▶ WORK INSTRUCTIONS
Every record must appear in the response exactly as given.
**** INPUT MATERIAL ****
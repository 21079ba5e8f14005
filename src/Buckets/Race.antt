-- ===== src/Buckets/Race.antt =====
-- gateway/bucket_store.go, CreateWaitForBucket with several goroutines: the look-up and the creation
-- are two critical sections.
use sandwich_producer.Base.{
  ℕ, ℤ, pos, ◌≡◌, refl, List, [], ◌∷◌, none, some, String, arith, System, pick, Steps, here, later,
  get, get-put_self, string_key, length, get_elem?, set, get_elem?-append_last, wrap32, wrap64,
  ◌-ℤ◌, ◌+ℤ◌,
}
use sandwich_producer.Limiter.Duration.{DefaultLimiter, new_duration_limiter, acquires, pass}
use sandwich_producer.Buckets.{BucketStore, write_bucket}

-- Where a goroutine stands: before the look-up, after one that found nothing, after the creation,
-- with the limiter that it is to lock, and with a slot got at a time.
pub data BucketPc : Type 0 where
  asking : BucketPc
  missing : BucketPc
  created : BucketPc
  found : ℕ → BucketPc
  slot : ℤ → BucketPc

-- The steps of `CreateWaitForBucket(name, limit, duration)`.
pub data BucketMove (name : String) (limit duration : ℤ) (bs : BucketStore)
    : BucketPc → BucketStore → BucketPc → Type 0 where
  finds :
      {a : ℕ} → get name bs.buckets ≡ some a → BucketMove name limit duration bs asking bs (found a)
  misses : get name bs.buckets ≡ none → BucketMove name limit duration bs asking bs missing
  creates : BucketMove name limit duration bs missing (write_bucket name limit duration bs) created
  reads_back :
      {a : ℕ}
      → get name bs.buckets ≡ some a
      → BucketMove name limit duration bs created bs (found a)
  locks :
      {a : ℕ} {l l' : DefaultLimiter} (now : ℤ)
      → get_elem? bs.heap a ≡ some l
      → pass now l ≡ acquires l'
      → BucketMove name limit duration bs
          (found a)
          (record bs { heap = set bs.heap a l' })
          (slot now)

pass_new :
    (t : ℕ) (duration : ℤ)
    → (l : DefaultLimiter) × (pass (pos t) (new_duration_limiter (pos 1) duration) ≡ acquires l)
unfolding pass new_duration_limiter wrap32 ◌-ℤ◌
pass_new t duration = (
  record {
    limit = pos 1;
    duration = duration;
    resets_at = wrap64 (pos t +ℤ duration);
    available = pos 0;
  },
  ground arith,
)

module _ (name : String) (duration : ℤ) (others : List BucketPc) where
  abbrev Places : BucketStore → BucketPc → BucketPc → System BucketStore BucketPc
  Places bs p q = record { shared = bs; pcs = p ∷ q ∷ others }

  abbrev Moves : System BucketStore BucketPc → System BucketStore BucketPc → Type 0
  Moves = Steps (BucketMove name (pos 1) duration)

  left :
      (bs bs' : BucketStore) (p p' q : BucketPc) {s : System BucketStore BucketPc}
      → BucketMove name (pos 1) duration bs p bs' p'
      → Moves s (Places bs p q)
      → Moves s (Places bs' p' q)
  left bs bs' p p' q mv r = later r (pick [] (q ∷ others) refl mv refl)

  right :
      (bs bs' : BucketStore) (p q q' : BucketPc) {s : System BucketStore BucketPc}
      → BucketMove name (pos 1) duration bs q bs' q'
      → Moves s (Places bs p q)
      → Moves s (Places bs' p q')
  right bs bs' p q q' mv r = later r (pick (p ∷ []) others refl mv refl)

  -- A goroutine that found nothing creates a limiter and gets the slot of it.
  creator_left :
      (bs : BucketStore) (q : BucketPc) (t : ℕ) {s : System BucketStore BucketPc}
      → Moves s (Places bs missing q)
      → (bs' : BucketStore) × Moves s (Places bs' (slot (pos t)) q)
  unfolding write_bucket
  creator_left bs q t r =
      let (l, got) = pass_new t duration in
      let bs₁ = write_bucket name (pos 1) duration bs in
      (
        record bs₁ { heap = set bs₁.heap (length bs.heap) l },
        left _ _ _ _ q
            (locks (pos t) (get_elem?-append_last bs.heap (new_duration_limiter (pos 1) duration))
              got)
            (left _ _ _ _ q (reads_back (get-put_self name (length bs.heap) bs.buckets))
              (left _ _ _ _ q creates r)),
      )

  creator_right :
      (bs : BucketStore) (p : BucketPc) (t : ℕ) {s : System BucketStore BucketPc}
      → Moves s (Places bs p missing)
      → (bs' : BucketStore) × Moves s (Places bs' p (slot (pos t)))
  unfolding write_bucket
  creator_right bs p t r =
      let (l, got) = pass_new t duration in
      let bs₁ = write_bucket name (pos 1) duration bs in
      (
        record bs₁ { heap = set bs₁.heap (length bs.heap) l },
        right _ _ p _ _
            (locks (pos t) (get_elem?-append_last bs.heap (new_duration_limiter (pos 1) duration))
              got)
            (right _ _ p _ _ (reads_back (get-put_self name (length bs.heap) bs.buckets))
              (right _ _ p _ _ creates r)),
      )

  -- Two goroutines that ask for a name that has no bucket yet, with a limit of one slot, can both
  -- get a slot at the same time: each creates a limiter, the second in place of the first.
  pub bucket_race :
      (bs : BucketStore) (t : ℕ)
      → get name bs.buckets ≡ none
      → (bs' : BucketStore) × Moves
          (Places bs asking asking)
          (Places bs' (slot (pos t)) (slot (pos t)))
  bucket_race bs t absent =
      let (bs₁, r) = creator_left bs missing t (
        right bs bs missing asking missing (misses absent)
          (left bs bs asking missing asking (misses absent) here)) in
      creator_right bs₁ (slot (pos t)) t r
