-- ===== src/ClearKeys.antt =====
-- gateway/state.go: ClearKeys and the script that it runs in Redis. Redis is a parameter.
pub mod Completeness
use sandwich_producer.Base.{
  ℕ, zero, suc, ℤ, pos, ◌+◌, Bool, false, ◌||◌, List, [], ◌∷◌, Option, none, some, String, str_eq,
  GoError, if◌then◌else◌, length,
}

-- A Redis server: whether a key holds a string, whether a key matches a pattern, and the commands
-- `SCAN cursor MATCH pattern COUNT 64 TYPE string`, which answers with the next cursor and keys, and
-- `DEL`.
pub record Redis (Db : Type 0) : Type 0 where
  pub holds_string : String → Db → Bool
  pub matches : String → String → Bool
  pub scan : String → String → ℕ → Db → String × List String
  pub del : List String → Db → Db

abbrev pub elem : String → List String → Bool
elem k [] = false
elem k (x ∷ xs) = str_eq k x || elem k xs

module _ {Db : Type 0} (redis : Redis Db) where
  -- `if #req[2] > 0 then redis.call("DEL", unpack(req[2])) end`
  unfoldable pub delete_found : List String → Db → Db
  delete_found [] db = db
  delete_found (k ∷ ks) db = redis.del (k ∷ ks) db

  -- The loop of the script, on fuel, with `count` and `cursor`.
  unfoldable pub clear_loop : ℕ → String → ℕ → String → Db → Option (ℕ × Db)
  unfolding delete_found
  clear_loop zero pattern count cursor db = none
  clear_loop (suc fuel) pattern count cursor db =
      let (next, keys) = redis.scan cursor pattern 64 db in
      let db' = delete_found keys db in
      let rest = clear_loop fuel pattern (count + length keys) next db' in
      if str_eq next "0" then some (count + length keys, db') else rest

  -- The script.
  unfoldable pub clear_script : ℕ → String → Db → Option (ℕ × Db)
  unfolding clear_loop
  clear_script fuel pattern db = clear_loop fuel pattern 0 "0" db

-- ClearKeys, on what `Eval` returned. The error of the `if` is a variable of its own.
unfoldable pub clear_keys : ℤ × Option GoError → ℤ × Option GoError
clear_keys (result, none) = (result, none)
clear_keys (result, some e) = (pos 0, none)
****
▶ ANSWER SPACE
repository 21079ba5e8f14005
filename src/Buckets/Race.antt
-- ===== src/Buckets/Race.antt =====
-- gateway/bucket_store.go, CreateWaitForBucket with several goroutines: the look-up and the creation
-- are two critical sections.
use sandwich_producer.Base.{
  ℕ, ℤ, pos, ◌≡◌, refl, List, [], ◌∷◌, none, some, String, arith, System, pick, Steps, here, later,
  get, get-put_self, string_key, length, get_elem?, set, get_elem?-append_last, wrap32, wrap64,
  ◌-ℤ◌, ◌+ℤ◌,
}
use sandwich_producer.Limiter.Duration.{DefaultLimiter, new_duration_limiter, acquires, pass}
use sandwich_producer.Buckets.{BucketStore, write_bucket}

-- Where a goroutine stands: before the look-up, after one that found nothing, after the creation,
-- with the limiter that it is to lock, and with a slot got at a time.
pub data BucketPc : Type 0 where
  asking : BucketPc
  missing : BucketPc
  created : BucketPc
  found : ℕ → BucketPc
  slot : ℤ → BucketPc

-- The steps of `CreateWaitForBucket(name, limit, duration)`.
pub data BucketMove (name : String) (limit duration : ℤ) (bs : BucketStore)
    : BucketPc → BucketStore → BucketPc → Type 0 where
  finds :
      {a : ℕ} → get name bs.buckets ≡ some a → BucketMove name limit duration bs asking bs (found a)
  misses : get name bs.buckets ≡ none → BucketMove name limit duration bs asking bs missing
  creates : BucketMove name limit duration bs missing (write_bucket name limit duration bs) created
  reads_back :
      {a : ℕ}
      → get name bs.buckets ≡ some a
      → BucketMove name limit duration bs created bs (found a)
  locks :
      {a : ℕ} {l l' : DefaultLimiter} (now : ℤ)
      → get_elem? bs.heap a ≡ some l
      → pass now l ≡ acquires l'
      → BucketMove name limit duration bs
          (found a)
          (record bs { heap = set bs.heap a l' })
          (slot now)

pass_new :
    (t : ℕ) (duration : ℤ)
    → (l : DefaultLimiter) × (pass (pos t) (new_duration_limiter (pos 1) duration) ≡ acquires l)
unfolding pass new_duration_limiter wrap32 ◌-ℤ◌
pass_new t duration = (
  record {
    limit = pos 1;
    duration = duration;
    resets_at = wrap64 (pos t +ℤ duration);
    available = pos 0;
  },
  ground arith,
)

module _ (name : String) (duration : ℤ) (others : List BucketPc) where
  abbrev Places : BucketStore → BucketPc → BucketPc → System BucketStore BucketPc
  Places bs p q = record { shared = bs; pcs = p ∷ q ∷ others }

  abbrev Moves : System BucketStore BucketPc → System BucketStore BucketPc → Type 0
  Moves = Steps (BucketMove name (pos 1) duration)

  left :
      (bs bs' : BucketStore) (p p' q : BucketPc) {s : System BucketStore BucketPc}
      → BucketMove name (pos 1) duration bs p bs' p'
      → Moves s (Places bs p q)
      → Moves s (Places bs' p' q)
  left bs bs' p p' q mv r = later r (pick [] (q ∷ others) refl mv refl)

  right :
      (bs bs' : BucketStore) (p q q' : BucketPc) {s : System BucketStore BucketPc}
      → BucketMove name (pos 1) duration bs q bs' q'
      → Moves s (Places bs p q)
      → Moves s (Places bs' p q')
  right bs bs' p q q' mv r = later r (pick (p ∷ []) others refl mv refl)

  -- A goroutine that found nothing creates a limiter and gets the slot of it.
  creator_left :
      (bs : BucketStore) (q : BucketPc) (t : ℕ) {s : System BucketStore BucketPc}
      → Moves s (Places bs missing q)
      → (bs' : BucketStore) × Moves s (Places bs' (slot (pos t)) q)
  unfolding write_bucket
  creator_left bs q t r =
      let (l, got) = pass_new t duration in
      let bs₁ = write_bucket name (pos 1) duration bs in
      (
        record bs₁ { heap = set bs₁.heap (length bs.heap) l },
        left _ _ _ _ q
            (locks (pos t) (get_elem?-append_last bs.heap (new_duration_limiter (pos 1) duration))
              got)
            (left _ _ _ _ q (reads_back (get-put_self name (length bs.heap) bs.buckets))
              (left _ _ _ _ q creates r)),
      )

  creator_right :
      (bs : BucketStore) (p : BucketPc) (t : ℕ) {s : System BucketStore BucketPc}
      → Moves s (Places bs p missing)
      → (bs' : BucketStore) × Moves s (Places bs' p (slot (pos t)))
  unfolding write_bucket
  creator_right bs p t r =
      let (l, got) = pass_new t duration in
      let bs₁ = write_bucket name (pos 1) duration bs in
      (
        record bs₁ { heap = set bs₁.heap (length bs.heap) l },
        right _ _ p _ _
            (locks (pos t) (get_elem?-append_last bs.heap (new_duration_limiter (pos 1) duration))
              got)
            (right _ _ p _ _ (reads_back (get-put_self name (length bs.heap) bs.buckets))
              (right _ _ p _ _ creates r)),
      )

  -- Two goroutines that ask for a name that has no bucket yet, with a limit of one slot, can both
  -- get a slot at the same time: each creates a limiter, the second in place of the first.
  pub bucket_race :
      (bs : BucketStore) (t : ℕ)
      → get name bs.buckets ≡ none
      → (bs' : BucketStore) × Moves
          (Places bs asking asking)
          (Places bs' (slot (pos t)) (slot (pos t)))
  bucket_race bs t absent =
      let (bs₁, r) = creator_left bs missing t (
        right bs bs missing asking missing (misses absent)
          (left bs bs asking missing asking (misses absent) here)) in
      creator_right bs₁ (slot (pos t)) t r
-- ===== src/ClearKeys.antt =====
-- gateway/state.go: ClearKeys and the script that it runs in Redis. Redis is a parameter.
pub mod Completeness
use sandwich_producer.Base.{
  ℕ, zero, suc, ℤ, pos, ◌+◌, Bool, false, ◌||◌, List, [], ◌∷◌, Option, none, some, String, str_eq,
  GoError, if◌then◌else◌, length,
}

-- A Redis server: whether a key holds a string, whether a key matches a pattern, and the commands
-- `SCAN cursor MATCH pattern COUNT 64 TYPE string`, which answers with the next cursor and keys, and
-- `DEL`.
pub record Redis (Db : Type 0) : Type 0 where
  pub holds_string : String → Db → Bool
  pub matches : String → String → Bool
  pub scan : String → String → ℕ → Db → String × List String
  pub del : List String → Db → Db

abbrev pub elem : String → List String → Bool
elem k [] = false
elem k (x ∷ xs) = str_eq k x || elem k xs

module _ {Db : Type 0} (redis : Redis Db) where
  -- `if #req[2] > 0 then redis.call("DEL", unpack(req[2])) end`
  unfoldable pub delete_found : List String → Db → Db
  delete_found [] db = db
  delete_found (k ∷ ks) db = redis.del (k ∷ ks) db

  -- The loop of the script, on fuel, with `count` and `cursor`.
  unfoldable pub clear_loop : ℕ → String → ℕ → String → Db → Option (ℕ × Db)
  unfolding delete_found
  clear_loop zero pattern count cursor db = none
  clear_loop (suc fuel) pattern count cursor db =
      let (next, keys) = redis.scan cursor pattern 64 db in
      let db' = delete_found keys db in
      let rest = clear_loop fuel pattern (count + length keys) next db' in
      if str_eq next "0" then some (count + length keys, db') else rest

  -- The script.
  unfoldable pub clear_script : ℕ → String → Db → Option (ℕ × Db)
  unfolding clear_loop
  clear_script fuel pattern db = clear_loop fuel pattern 0 "0" db

-- ClearKeys, on what `Eval` returned. The error of the `if` is a variable of its own.
unfoldable pub clear_keys : ℤ × Option GoError → ℤ × Option GoError
clear_keys (result, none) = (result, none)
clear_keys (result, some e) = (pos 0, none)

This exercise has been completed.